# diy reptile enclosure



## 92mags (Nov 17, 2010)

ok guys im looking at making my own enclosure for my bearded dragon and jacky. only problem im having is finding a site that explains how to install the light fittings, anyone had experiance with this??


----------



## ShaunMorelia (Nov 17, 2010)

To install light fitting etc, you will need a licenced electrician. Unless you are going to use the pre-wired kits that you can buy from HerpShop and the likes.


----------



## AllThingsReptile (Nov 17, 2010)

you can buy ceramic light fittings from most electricians, and even petshops, i use these as they are easy to mount, ask a local fitting supplier how they would mount it? they usually help you out


----------



## RELLIK81 (Nov 17, 2010)

if you dont know what your doing it might be a good idea to get an electrician to do it......you dont want to burn your house down or get a bad shock


----------



## ShaunMorelia (Nov 17, 2010)

RELLIK81 said:


> if you dont know what your doing it might be a good idea to get an electrician to do it......you dont want to burn your house down or get a bad shock



Not to mention that if the insurance company finds out that the cause of the fire was from a electrical fault installed by someone unqualified and refuse to cover the costs of damage/rebuild.....


----------



## 92mags (Nov 17, 2010)

from what ive read it isnt to difficult and most people use a extension cord to hook the fitting up, but no one goes into detail about the process. as for burning the house down unless ur stupid enough to do it on the dinning room table it shouldnt be a problem, will do it on the patio, no harm. why pay a electrician to do it for 100 when the parts cost 20..


----------



## 92mags (Nov 17, 2010)

right... dont worry if u dont feel like being a help ill happily work it out myself..


----------



## AllThingsReptile (Nov 17, 2010)

uh as i said, ceramic fittings are easy to install, just unscrew them, have a look, and work out how you want to do it, its not hard


----------



## 92mags (Nov 17, 2010)

ok thanks for that, been looking at them because they are cheap but its fiddly connecting them to the cord. what ive decided to do is i found some desk lamps from big w for $13 each and its simple enough to take them apart so u have only a cord with a light fitting on the end. gonna install this in glass so it cant burn. so if u find anyone else wanting to install light fitting this is a cheap easy way to do it


----------



## Cheyne_Jones (Nov 17, 2010)

Dont mess with 240v if you are just guessing... Is it worth killing yourself over $50?


----------



## lloydy (Nov 17, 2010)

PM me if you need help.


----------



## Tristan (Nov 17, 2010)

92mags said:


> right... dont worry if u dont feel like being a help ill happily work it out myself..


 

probably unnecessary as they are offering help.

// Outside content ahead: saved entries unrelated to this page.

-- ===== src/Cases/Assess.antt =====
-- internal/workflowcase/assessment.go: Assess, one step of a case.
use meeseek_collective.Common.{
  ℕ, suc, ◌&&◌, ◌||◌, not, Option, none, some, List, [], ◌∷◌, String, ◌==◌, if◌then◌else◌,
}
use meeseek_collective.Common.Int.{pos, ltb_ℤ}
use meeseek_collective.Common.Text.{trim_space}
use meeseek_collective.Common.Rows.{update, insert}
use meeseek_collective.Common.Result.{
  constraint_failed, failure, Result, ok, err, Tx, ◌>>=◌, ◌>>◌, pure, reject_if, gets, lift,
}
use meeseek_collective.Workflow.{Outcome, WorkProposal, Decision, decide}
use meeseek_collective.Cases.{
  CaseState, Case, AssessmentRequest, AssessmentResult, AssessmentRow, Board, Encoding, case_key,
  assessment_key, no_work, is_active_case, load_case, require_mission,
}

-- The fresh work and assessment, and the reading of the clock.
pub record StepDraws : Type 0 where
  pub work : String
  pub assessment : String
  pub now : ℕ

-- The unique index on (case_id, work_id).
unfoldable pub find_assessment : String → String → List AssessmentRow → Option AssessmentRow
find_assessment subject work [] = none
find_assessment subject work (a ∷ as_) =
    if a.subject == subject && a.work == work then some a else find_assessment subject work as_

unfoldable pub replay_assessment :
    Encoding → AssessmentRequest → AssessmentRow → Tx Board AssessmentResult
replay_assessment e r a = do
  reject_if (not (a.request == e.assessment r))
      (failure "work already assessed with a different request")
  pure a.result

unfoldable pub decide_step : Case → AssessmentRequest → Result Decision
decide_step c r = decide (record {
  assessment = r.assessment;
  grant = c.grant;
  limits = record { max_steps = c.max_steps; remaining_budget = r.remaining_budget };
  completed_steps = pos (suc c.completed_steps);
  progress_signature = r.progress_signature;
  previous_progress_signature = c.progress_signature;
})

abbrev pub proposal_of : Option WorkProposal → WorkProposal
proposal_of (some p) = p
proposal_of none = no_work

unfoldable pub advance : String → AssessmentRequest → Decision → Outcome → Case → Case
advance fresh r d Outcome.continue c = record c {
  completed_steps = suc c.completed_steps;
  remaining_budget = r.remaining_budget;
  progress_signature = r.progress_signature;
  state = CaseState.active;
  current_work = fresh;
  next_work = proposal_of d.next;
}
advance fresh r d Outcome.blocked c = record c {
  completed_steps = suc c.completed_steps;
  remaining_budget = r.remaining_budget;
  progress_signature = r.progress_signature;
  state = CaseState.blocked;
  current_work = "";
  next_work = no_work;
}
advance fresh r d Outcome.ready c = record c {
  completed_steps = suc c.completed_steps;
  remaining_budget = r.remaining_budget;
  progress_signature = r.progress_signature;
  state = CaseState.ready_for_verification;
  current_work = "";
  next_work = no_work;
}

unfoldable pub insert_assessment : AssessmentRow → Tx Board (Unit {0})
insert_assessment a s = elim (insert a s.assessments) [
  | some rows ↦ ok (tt, record s { assessments = rows })
  | none ↦ err constraint_failed
]

abbrev pub update_case : String → (Case → Case) → Tx Board (Unit {0})
update_case id f s = ok (tt, record s { cases = update id f s.cases })

-- The work is the active one, its mission stands, and the budget does not grow.
unfoldable pub check_step : AssessmentRequest → Case → Tx Board Decision
check_step r c = do
  reject_if (not (is_active_case c.state) || not (c.current_work == r.work))
      (failure "work is not the active work for this case")
  require_mission c.mission
  reject_if (ltb_ℤ r.remaining_budget (pos 0) || ltb_ℤ c.remaining_budget r.remaining_budget)
      (failure "remaining budget must be nonnegative and cannot increase")
  lift (decide_step c r)

-- The `UPDATE` writes the columns that `advance` changes.
unfoldable pub record_step :
    Encoding → StepDraws → AssessmentRequest → Case → Decision → Tx Board AssessmentResult
record_step e w r c d = do
  update_case c.id (advance w.work r d d.outcome)
  insert_assessment (record {
    id = w.assessment;
    subject = c.id;
    work = r.work;
    request = e.assessment r;
    result = record { decision = d; after = advance w.work r d d.outcome c };
    created_at = w.now;
  })
  pure (record { decision = d; after = advance w.work r d d.outcome c })

unfoldable pub assess_new : Encoding → StepDraws → AssessmentRequest → Tx Board AssessmentResult
assess_new e w r = do c ← load_case r.subject; d ← check_step r c; record_step e w r c d

unfoldable pub assess_stored :
    Encoding → StepDraws → AssessmentRequest → Option AssessmentRow → Tx Board AssessmentResult
assess_stored e w r none = assess_new e w r
assess_stored e w r (some a) = replay_assessment e r a

unfoldable pub assess : Encoding → StepDraws → AssessmentRequest → Tx Board AssessmentResult
assess e w r = do
  reject_if (trim_space r.subject == "" || trim_space r.work == "")
      (failure "case and work IDs are required")
  stored ← gets (λ s. find_assessment r.subject r.work s.assessments)
  assess_stored e w r stored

the issue with the electrics as pointed out is not the initial install alone, you can wire it out on the patio fine but if you do something wrong when its all connected and working you can still end up with the cable melting or smoldering and causing an electrical fire, and as pointed out insurance wont cover that. 

however as lizardboii stated it is a pretty simple process, just take care and do your research and if in doubt get a sparky to come out


----------



## Snowman (Nov 17, 2010)

92mags said:


> from what ive read it isnt to difficult and most people use a extension cord to hook the fitting up, but no one goes into detail about the process. as for burning the house down unless ur stupid enough to do it on the dinning room table it shouldnt be a problem, will do it on the patio, no harm. why pay a electrician to do it for 100 when the parts cost 20..


 
Why have a license to keep reptiles when you can get them without one? Cause that's the law _FOOL_


----------



## Snowman (Nov 17, 2010)

92mags said:


> ok thanks for that, been looking at them because they are cheap but its fiddly connecting them to the cord. what ive decided to do is i found some desk lamps from big w for $13 each and its simple enough to take them apart so u have only a cord with a light fitting on the end. gonna install this in glass so it cant burn. so if u find anyone else wanting to install light fitting this is a cheap easy way to do it


 
Most of those fittings have a sticker that say 40watt max..... Hope the fire brigade make it in time to save some of your house. :shock:


----------



## ShaunMorelia (Nov 17, 2010)

Snowman said:


> Most of those fittings have a sticker that say 40watt max..... Hope the fire brigade make it in time to save some of your house. :shock:


Take the sticker off, should be right for 600w +


jokes....for those who would be silly enough to try that....


----------



## Snowman (Nov 17, 2010)

Lol


----------



## Hsut77 (Nov 17, 2010)

The_S_Word said:


> Take the sticker off, should be right for 600w +
> 
> 
> jokes....for those who would be silly enough to try that....


 
Go to bunnings and get some Arlec portable floodlights. They are pre-wired and simply screw in on their own bracket. You have to install them before you finish the enclosure so you can have a grove in the side or top for the cord to go through. They take a 150 watt PAR38 globe but can also take any normal screw in globe including VB bulbs so you can install two of them, one for heat one for UV. I have used these on two of my enclosures, but the par 38 puts out a lot of heat so it suits a large enclosure. My basking spot gets to 42 degrees 30 cm away from the globe.


----------



## Snowman (Nov 17, 2010)

good suggestion ^^^


----------



## sahatiel (Nov 17, 2010)

I've just installed my own light fittings in my reptile enclosure - with very little wiring. I got a DIY fluoro batton from Bunnings for $30 for the UV light, and used 2 screws to attach it. I did this before putting the enclosure together, so that I could cut a small notch between the back piece and the top piece for the power cord to go through without making a giant hole.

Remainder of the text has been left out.